▶

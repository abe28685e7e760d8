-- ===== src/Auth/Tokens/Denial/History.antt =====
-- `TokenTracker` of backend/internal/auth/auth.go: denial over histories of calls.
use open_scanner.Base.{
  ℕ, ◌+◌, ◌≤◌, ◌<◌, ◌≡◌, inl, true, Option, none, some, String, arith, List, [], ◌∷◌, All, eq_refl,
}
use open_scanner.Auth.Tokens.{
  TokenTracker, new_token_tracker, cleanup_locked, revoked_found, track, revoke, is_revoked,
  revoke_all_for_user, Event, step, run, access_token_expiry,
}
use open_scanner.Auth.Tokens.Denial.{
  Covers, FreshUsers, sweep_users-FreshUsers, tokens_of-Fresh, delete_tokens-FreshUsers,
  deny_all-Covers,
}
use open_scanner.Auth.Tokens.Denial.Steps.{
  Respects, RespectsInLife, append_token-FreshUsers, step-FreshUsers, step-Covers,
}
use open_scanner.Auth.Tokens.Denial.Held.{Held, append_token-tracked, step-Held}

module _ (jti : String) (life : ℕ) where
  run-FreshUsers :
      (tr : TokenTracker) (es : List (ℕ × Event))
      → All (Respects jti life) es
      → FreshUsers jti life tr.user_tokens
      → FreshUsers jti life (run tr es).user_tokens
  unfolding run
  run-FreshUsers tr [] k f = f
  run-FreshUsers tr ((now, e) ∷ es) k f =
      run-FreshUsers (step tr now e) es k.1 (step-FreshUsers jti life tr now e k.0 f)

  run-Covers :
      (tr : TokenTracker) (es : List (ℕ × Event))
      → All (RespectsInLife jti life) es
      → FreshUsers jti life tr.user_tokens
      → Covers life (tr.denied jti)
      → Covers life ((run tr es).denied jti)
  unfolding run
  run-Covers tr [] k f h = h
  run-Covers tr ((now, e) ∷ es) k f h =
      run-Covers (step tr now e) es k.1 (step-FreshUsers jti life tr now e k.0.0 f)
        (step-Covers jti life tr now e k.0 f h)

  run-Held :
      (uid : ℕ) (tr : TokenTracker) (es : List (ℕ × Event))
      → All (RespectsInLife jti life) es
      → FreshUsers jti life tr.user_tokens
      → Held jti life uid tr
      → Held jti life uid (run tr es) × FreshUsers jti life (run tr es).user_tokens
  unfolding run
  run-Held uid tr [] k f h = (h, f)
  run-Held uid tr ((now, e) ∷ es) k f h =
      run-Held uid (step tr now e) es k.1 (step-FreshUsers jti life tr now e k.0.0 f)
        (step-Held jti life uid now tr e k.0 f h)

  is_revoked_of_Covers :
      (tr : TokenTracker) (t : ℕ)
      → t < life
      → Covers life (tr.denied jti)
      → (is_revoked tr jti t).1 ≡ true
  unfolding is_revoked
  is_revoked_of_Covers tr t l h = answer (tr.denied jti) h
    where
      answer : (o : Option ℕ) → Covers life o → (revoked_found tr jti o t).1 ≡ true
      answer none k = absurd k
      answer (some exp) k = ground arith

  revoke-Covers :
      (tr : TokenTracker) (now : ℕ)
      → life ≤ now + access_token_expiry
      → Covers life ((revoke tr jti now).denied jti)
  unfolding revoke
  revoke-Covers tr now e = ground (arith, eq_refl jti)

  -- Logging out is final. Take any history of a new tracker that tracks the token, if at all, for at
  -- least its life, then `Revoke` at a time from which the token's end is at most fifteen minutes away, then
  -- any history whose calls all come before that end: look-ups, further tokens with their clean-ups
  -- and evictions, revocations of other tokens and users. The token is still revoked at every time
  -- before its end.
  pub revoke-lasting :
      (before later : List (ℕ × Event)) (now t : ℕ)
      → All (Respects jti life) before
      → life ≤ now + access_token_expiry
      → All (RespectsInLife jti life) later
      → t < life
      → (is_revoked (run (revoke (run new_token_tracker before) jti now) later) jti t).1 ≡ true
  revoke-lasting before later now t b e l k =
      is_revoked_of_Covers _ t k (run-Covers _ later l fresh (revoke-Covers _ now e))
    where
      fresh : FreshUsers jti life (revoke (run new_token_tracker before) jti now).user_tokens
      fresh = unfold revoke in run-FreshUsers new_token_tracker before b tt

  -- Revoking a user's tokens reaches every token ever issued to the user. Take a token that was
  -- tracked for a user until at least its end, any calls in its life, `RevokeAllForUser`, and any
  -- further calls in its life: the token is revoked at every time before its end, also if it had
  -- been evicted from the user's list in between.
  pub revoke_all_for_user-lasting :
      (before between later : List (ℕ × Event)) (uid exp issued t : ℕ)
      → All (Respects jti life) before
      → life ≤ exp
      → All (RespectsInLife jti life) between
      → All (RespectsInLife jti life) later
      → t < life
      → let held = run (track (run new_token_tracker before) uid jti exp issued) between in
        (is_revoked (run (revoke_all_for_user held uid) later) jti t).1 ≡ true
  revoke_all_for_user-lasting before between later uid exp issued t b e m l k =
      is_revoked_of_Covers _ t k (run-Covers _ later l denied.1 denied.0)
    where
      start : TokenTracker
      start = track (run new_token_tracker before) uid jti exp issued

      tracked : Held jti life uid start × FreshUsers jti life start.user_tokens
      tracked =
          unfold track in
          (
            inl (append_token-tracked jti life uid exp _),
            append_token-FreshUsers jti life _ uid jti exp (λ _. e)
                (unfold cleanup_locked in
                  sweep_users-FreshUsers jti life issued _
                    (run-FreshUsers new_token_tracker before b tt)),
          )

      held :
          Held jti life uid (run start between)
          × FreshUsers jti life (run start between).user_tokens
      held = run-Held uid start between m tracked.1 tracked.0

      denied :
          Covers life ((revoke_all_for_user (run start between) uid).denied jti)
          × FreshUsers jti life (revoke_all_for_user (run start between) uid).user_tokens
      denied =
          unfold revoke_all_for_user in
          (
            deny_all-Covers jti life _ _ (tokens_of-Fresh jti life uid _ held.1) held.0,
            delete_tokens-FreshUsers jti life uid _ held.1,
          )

◀
▶

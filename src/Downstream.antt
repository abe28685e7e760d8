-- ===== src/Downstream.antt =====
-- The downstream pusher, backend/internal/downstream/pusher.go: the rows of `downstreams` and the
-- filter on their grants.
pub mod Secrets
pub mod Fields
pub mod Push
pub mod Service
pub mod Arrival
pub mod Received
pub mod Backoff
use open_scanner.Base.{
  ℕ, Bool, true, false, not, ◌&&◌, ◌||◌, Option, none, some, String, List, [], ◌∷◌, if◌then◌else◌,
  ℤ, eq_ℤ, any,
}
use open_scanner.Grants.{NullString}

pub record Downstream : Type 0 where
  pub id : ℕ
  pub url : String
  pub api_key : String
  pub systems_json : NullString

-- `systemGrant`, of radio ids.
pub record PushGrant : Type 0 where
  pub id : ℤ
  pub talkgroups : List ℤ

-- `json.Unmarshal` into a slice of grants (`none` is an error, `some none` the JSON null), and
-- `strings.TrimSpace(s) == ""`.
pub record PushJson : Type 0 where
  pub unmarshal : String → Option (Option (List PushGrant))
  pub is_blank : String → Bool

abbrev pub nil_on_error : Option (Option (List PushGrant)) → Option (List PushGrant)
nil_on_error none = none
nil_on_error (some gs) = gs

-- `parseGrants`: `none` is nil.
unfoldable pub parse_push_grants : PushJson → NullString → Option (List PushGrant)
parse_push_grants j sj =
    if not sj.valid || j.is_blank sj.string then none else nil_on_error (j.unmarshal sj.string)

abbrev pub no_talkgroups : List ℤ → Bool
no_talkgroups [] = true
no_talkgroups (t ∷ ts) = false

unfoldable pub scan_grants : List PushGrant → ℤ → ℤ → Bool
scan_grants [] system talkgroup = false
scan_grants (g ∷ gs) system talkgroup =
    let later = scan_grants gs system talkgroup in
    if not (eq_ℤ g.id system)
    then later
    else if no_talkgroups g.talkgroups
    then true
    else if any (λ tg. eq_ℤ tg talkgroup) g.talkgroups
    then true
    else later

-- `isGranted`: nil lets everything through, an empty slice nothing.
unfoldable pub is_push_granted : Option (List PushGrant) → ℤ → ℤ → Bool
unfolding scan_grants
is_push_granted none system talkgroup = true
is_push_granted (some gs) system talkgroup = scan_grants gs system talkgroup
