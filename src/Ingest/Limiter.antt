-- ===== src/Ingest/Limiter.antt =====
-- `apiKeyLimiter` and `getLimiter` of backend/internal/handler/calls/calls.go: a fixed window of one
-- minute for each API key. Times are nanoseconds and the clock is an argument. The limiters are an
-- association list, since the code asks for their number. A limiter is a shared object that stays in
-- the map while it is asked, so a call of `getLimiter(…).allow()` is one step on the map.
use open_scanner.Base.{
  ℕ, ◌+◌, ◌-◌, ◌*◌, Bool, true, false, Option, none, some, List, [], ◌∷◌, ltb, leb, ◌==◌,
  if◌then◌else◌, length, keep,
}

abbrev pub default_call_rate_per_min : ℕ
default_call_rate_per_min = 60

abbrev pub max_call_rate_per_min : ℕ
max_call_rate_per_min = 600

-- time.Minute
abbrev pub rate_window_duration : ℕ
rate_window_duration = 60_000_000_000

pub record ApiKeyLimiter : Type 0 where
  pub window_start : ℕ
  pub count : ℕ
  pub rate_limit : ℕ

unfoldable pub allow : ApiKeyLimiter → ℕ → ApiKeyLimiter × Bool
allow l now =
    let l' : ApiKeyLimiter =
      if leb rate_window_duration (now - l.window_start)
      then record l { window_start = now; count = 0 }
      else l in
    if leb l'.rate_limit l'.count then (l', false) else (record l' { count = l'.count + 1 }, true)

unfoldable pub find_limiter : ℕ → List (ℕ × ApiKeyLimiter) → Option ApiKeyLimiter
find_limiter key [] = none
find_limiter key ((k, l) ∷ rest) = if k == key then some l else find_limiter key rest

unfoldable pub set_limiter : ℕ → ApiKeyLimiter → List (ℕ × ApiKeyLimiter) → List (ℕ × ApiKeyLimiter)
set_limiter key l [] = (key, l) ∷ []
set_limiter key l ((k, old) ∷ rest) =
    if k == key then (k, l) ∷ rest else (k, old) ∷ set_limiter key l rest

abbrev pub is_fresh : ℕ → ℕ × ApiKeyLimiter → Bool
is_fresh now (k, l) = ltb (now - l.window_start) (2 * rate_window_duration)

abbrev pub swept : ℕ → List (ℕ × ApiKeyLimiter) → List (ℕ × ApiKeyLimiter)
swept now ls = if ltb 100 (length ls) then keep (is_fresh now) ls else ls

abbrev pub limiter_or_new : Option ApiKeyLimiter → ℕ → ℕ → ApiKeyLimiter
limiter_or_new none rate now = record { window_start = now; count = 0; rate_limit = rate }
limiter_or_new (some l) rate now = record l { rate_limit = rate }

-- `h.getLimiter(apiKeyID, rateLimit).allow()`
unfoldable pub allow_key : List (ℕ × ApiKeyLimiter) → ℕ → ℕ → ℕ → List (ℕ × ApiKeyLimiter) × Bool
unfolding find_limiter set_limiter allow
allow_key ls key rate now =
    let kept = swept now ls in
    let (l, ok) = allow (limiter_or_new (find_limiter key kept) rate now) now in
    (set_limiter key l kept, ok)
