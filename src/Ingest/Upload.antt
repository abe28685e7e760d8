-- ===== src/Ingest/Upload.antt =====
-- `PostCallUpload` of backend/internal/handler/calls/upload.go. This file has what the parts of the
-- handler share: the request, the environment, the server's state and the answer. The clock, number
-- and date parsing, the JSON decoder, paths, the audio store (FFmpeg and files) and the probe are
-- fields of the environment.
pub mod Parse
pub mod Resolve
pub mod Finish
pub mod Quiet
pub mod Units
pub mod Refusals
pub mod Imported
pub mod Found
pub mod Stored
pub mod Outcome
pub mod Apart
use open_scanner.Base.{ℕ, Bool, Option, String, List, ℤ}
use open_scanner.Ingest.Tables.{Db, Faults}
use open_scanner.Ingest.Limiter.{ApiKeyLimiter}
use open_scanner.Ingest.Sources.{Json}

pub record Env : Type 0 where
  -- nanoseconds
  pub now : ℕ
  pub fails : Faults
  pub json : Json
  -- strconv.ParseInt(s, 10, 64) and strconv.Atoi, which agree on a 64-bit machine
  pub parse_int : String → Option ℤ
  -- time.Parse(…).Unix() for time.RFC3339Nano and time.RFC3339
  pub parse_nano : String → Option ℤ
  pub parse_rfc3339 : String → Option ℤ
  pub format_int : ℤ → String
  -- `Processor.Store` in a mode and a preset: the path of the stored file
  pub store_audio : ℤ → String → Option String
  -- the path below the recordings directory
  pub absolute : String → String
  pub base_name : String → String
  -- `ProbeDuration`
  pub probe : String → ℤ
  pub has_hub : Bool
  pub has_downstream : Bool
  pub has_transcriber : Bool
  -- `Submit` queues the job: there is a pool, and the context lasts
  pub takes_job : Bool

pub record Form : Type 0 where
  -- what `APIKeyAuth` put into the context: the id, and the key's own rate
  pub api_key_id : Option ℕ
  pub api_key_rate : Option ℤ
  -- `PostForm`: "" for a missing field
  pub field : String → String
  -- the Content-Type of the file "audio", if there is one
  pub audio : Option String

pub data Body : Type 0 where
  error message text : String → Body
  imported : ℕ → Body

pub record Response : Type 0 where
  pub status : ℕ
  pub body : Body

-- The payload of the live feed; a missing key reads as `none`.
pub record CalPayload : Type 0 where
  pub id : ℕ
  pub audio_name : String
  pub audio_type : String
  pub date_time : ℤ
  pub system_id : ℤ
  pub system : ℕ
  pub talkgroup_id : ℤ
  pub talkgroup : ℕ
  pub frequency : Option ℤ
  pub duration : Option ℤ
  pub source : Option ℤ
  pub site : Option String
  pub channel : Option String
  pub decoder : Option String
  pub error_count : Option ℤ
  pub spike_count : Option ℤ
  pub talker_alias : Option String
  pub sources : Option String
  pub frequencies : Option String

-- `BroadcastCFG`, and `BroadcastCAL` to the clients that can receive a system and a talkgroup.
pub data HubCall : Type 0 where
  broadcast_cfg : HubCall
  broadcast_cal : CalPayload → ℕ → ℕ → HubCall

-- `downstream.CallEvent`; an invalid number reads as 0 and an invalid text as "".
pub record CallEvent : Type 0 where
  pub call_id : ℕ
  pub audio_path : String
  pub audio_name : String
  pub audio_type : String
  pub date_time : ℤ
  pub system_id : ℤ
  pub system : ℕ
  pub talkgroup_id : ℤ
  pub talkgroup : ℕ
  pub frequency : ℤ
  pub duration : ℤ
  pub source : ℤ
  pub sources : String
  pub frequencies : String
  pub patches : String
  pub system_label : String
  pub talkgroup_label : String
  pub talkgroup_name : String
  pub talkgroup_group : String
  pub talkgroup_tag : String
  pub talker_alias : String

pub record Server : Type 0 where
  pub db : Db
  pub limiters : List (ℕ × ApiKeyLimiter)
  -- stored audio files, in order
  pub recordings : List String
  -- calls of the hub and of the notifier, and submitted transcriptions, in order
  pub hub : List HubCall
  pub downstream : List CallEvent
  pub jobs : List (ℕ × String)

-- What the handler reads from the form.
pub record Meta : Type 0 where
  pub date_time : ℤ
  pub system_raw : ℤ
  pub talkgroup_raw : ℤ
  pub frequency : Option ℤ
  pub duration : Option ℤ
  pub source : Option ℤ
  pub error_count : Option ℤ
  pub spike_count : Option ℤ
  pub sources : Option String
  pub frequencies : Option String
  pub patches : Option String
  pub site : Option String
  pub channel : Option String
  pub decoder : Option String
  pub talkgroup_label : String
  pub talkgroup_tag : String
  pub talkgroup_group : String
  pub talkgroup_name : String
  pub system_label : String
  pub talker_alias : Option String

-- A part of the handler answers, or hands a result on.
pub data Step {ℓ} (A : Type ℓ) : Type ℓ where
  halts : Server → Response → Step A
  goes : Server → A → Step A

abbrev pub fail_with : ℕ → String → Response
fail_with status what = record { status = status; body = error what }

◀

All lines above containing the string "context" are to be collected.

◆ **Written solution**:
  -- `Submit` queues the job: there is a pool, and the context lasts
  -- what `APIKeyAuth` put into the context: the id, and the key's own rate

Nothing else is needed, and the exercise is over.